▶ WHAT THE EXERCISE ASKS
Write out exactly the lines running from the one with "found = not" to the last line of the entries, keeping both the first and the last.
[Opening INPUT DATA section]
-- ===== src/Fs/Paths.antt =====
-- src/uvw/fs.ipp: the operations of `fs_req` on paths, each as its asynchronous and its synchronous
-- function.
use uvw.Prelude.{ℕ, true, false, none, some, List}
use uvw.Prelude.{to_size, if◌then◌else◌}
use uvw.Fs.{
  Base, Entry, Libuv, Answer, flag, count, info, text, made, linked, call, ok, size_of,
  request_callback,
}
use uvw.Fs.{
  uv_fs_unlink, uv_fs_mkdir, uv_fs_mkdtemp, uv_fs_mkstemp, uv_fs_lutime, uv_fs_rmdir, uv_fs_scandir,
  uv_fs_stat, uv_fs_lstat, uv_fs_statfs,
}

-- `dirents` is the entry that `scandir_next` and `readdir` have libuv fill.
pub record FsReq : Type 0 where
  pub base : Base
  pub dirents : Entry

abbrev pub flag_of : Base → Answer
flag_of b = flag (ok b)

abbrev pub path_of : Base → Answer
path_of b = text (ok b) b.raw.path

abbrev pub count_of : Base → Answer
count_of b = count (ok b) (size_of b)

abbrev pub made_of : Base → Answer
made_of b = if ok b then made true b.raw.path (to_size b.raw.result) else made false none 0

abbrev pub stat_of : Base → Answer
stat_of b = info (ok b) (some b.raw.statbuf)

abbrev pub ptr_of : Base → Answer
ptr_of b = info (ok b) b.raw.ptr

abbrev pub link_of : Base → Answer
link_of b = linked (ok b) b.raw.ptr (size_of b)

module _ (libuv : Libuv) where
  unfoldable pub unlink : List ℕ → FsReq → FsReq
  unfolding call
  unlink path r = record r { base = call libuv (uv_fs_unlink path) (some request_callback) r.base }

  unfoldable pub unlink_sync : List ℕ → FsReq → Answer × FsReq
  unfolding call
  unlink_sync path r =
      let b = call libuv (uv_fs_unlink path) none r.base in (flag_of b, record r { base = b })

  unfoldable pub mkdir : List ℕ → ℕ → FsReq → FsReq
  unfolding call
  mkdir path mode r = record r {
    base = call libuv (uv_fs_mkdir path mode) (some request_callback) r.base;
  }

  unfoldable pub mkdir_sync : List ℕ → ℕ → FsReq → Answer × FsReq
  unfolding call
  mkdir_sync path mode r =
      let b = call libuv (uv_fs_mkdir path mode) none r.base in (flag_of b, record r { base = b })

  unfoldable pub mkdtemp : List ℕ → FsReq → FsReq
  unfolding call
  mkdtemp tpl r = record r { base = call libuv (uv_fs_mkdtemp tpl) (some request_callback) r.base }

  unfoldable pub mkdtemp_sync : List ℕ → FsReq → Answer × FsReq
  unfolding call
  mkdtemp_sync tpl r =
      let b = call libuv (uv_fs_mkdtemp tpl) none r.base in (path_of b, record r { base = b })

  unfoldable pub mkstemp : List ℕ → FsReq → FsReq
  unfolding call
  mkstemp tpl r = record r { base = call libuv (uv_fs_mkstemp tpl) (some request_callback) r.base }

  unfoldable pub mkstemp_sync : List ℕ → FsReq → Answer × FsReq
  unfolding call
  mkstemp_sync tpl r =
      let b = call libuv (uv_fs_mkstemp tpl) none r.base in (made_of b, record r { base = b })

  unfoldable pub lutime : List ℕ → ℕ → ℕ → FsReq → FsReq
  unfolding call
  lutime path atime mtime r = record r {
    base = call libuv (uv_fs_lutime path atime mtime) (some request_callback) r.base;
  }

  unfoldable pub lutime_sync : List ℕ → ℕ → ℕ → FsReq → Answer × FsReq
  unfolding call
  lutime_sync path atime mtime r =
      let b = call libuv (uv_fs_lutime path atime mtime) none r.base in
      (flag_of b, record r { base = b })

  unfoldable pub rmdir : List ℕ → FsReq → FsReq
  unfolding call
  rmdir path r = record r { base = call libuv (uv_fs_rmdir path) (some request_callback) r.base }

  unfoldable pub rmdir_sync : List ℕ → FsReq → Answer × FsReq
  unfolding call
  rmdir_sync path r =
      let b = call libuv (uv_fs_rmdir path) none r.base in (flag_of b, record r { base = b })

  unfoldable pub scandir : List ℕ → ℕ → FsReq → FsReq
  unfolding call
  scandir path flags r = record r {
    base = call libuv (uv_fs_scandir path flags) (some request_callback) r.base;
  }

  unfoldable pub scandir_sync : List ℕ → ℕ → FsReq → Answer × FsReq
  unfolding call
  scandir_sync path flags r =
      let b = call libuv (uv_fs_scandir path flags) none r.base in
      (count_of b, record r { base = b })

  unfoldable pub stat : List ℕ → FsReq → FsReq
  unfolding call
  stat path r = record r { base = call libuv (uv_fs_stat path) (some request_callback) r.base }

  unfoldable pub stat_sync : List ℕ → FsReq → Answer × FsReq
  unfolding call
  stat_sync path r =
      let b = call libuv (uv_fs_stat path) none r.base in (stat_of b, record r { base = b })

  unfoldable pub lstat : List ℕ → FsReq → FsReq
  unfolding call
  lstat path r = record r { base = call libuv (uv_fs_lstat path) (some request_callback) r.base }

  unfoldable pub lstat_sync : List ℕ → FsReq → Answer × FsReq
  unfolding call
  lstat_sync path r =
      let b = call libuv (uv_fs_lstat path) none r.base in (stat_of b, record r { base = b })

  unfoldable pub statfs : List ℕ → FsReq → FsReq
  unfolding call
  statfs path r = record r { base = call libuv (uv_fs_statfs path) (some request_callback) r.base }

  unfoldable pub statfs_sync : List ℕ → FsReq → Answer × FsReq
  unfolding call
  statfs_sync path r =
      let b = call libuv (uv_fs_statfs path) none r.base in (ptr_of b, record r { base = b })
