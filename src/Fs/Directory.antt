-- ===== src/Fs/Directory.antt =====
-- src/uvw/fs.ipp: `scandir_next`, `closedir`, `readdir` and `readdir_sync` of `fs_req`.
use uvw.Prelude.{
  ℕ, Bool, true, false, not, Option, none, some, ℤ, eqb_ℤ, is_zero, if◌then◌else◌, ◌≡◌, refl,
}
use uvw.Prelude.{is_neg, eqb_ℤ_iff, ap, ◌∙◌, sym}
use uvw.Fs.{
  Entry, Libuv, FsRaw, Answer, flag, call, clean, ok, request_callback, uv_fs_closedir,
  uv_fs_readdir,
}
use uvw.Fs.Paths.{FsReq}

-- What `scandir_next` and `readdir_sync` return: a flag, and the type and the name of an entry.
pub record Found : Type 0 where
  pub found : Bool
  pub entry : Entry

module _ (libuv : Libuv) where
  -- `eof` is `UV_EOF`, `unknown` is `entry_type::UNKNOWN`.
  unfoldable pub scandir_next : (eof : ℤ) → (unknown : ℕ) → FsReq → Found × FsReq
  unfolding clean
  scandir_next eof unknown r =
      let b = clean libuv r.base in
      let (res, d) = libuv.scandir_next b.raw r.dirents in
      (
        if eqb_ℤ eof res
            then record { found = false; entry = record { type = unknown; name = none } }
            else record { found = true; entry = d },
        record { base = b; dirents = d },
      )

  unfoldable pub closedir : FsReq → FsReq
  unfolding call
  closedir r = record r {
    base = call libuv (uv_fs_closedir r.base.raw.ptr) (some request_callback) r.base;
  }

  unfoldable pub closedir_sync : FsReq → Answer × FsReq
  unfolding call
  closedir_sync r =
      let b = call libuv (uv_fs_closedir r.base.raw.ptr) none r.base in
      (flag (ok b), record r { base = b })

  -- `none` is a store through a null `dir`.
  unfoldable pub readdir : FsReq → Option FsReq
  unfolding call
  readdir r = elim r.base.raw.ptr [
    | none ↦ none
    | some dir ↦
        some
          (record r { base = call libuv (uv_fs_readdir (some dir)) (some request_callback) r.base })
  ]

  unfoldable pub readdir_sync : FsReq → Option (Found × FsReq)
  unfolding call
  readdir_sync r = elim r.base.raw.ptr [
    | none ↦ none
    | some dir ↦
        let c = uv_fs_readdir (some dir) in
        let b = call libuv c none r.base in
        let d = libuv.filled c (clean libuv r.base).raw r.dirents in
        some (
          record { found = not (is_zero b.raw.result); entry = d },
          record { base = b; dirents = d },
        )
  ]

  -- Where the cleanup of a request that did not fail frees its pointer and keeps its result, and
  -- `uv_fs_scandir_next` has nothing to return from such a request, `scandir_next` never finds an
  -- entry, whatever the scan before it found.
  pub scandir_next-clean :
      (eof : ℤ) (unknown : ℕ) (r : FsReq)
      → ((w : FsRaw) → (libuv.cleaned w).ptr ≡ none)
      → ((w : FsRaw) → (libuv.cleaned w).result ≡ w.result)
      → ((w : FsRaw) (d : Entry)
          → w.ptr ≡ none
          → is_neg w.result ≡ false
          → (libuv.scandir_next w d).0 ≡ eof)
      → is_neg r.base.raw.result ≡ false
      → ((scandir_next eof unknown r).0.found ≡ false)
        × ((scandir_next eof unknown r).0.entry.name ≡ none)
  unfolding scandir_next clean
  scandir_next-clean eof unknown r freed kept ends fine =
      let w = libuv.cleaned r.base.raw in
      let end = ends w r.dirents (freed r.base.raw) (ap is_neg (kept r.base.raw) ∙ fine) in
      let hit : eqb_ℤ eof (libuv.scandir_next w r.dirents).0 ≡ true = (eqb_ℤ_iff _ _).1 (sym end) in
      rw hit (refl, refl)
[Closing INPUT DATA section]
▶ RESPONSE AREA
          record { found = not (is_zero b.raw.result); entry = d },
          record { base = b; dirents = d },
        )
  ]

  -- Where the cleanup of a request that did not fail frees its pointer and keeps its result, and
  -- `uv_fs_scandir_next` has nothing to return from such a request, `scandir_next` never finds an
  -- entry, whatever the scan before it found.
  pub scandir_next-clean :
      (eof : ℤ) (unknown : ℕ) (r : FsReq)
      → ((w : FsRaw) → (libuv.cleaned w).ptr ≡ none)
      → ((w : FsRaw) → (libuv.cleaned w).result ≡ w.result)
      → ((w : FsRaw) (d : Entry)
          → w.ptr ≡ none
          → is_neg w.result ≡ false
          → (libuv.scandir_next w d).0 ≡ eof)
      → is_neg r.base.raw.result ≡ false
      → ((scandir_next eof unknown r).0.found ≡ false)
        × ((scandir_next eof unknown r).0.entry.name ≡ none)
  unfolding scandir_next clean
  scandir_next-clean eof unknown r freed kept ends fine =
      let w = libuv.cleaned r.base.raw in
      let end = ends w r.dirents (freed r.base.raw) (ap is_neg (kept r.base.raw) ∙ fine) in
      let hit : eqb_ℤ eof (libuv.scandir_next w r.dirents).0 ≡ true = (eqb_ℤ_iff _ _).1 (sym end) in
      rw hit (refl, refl)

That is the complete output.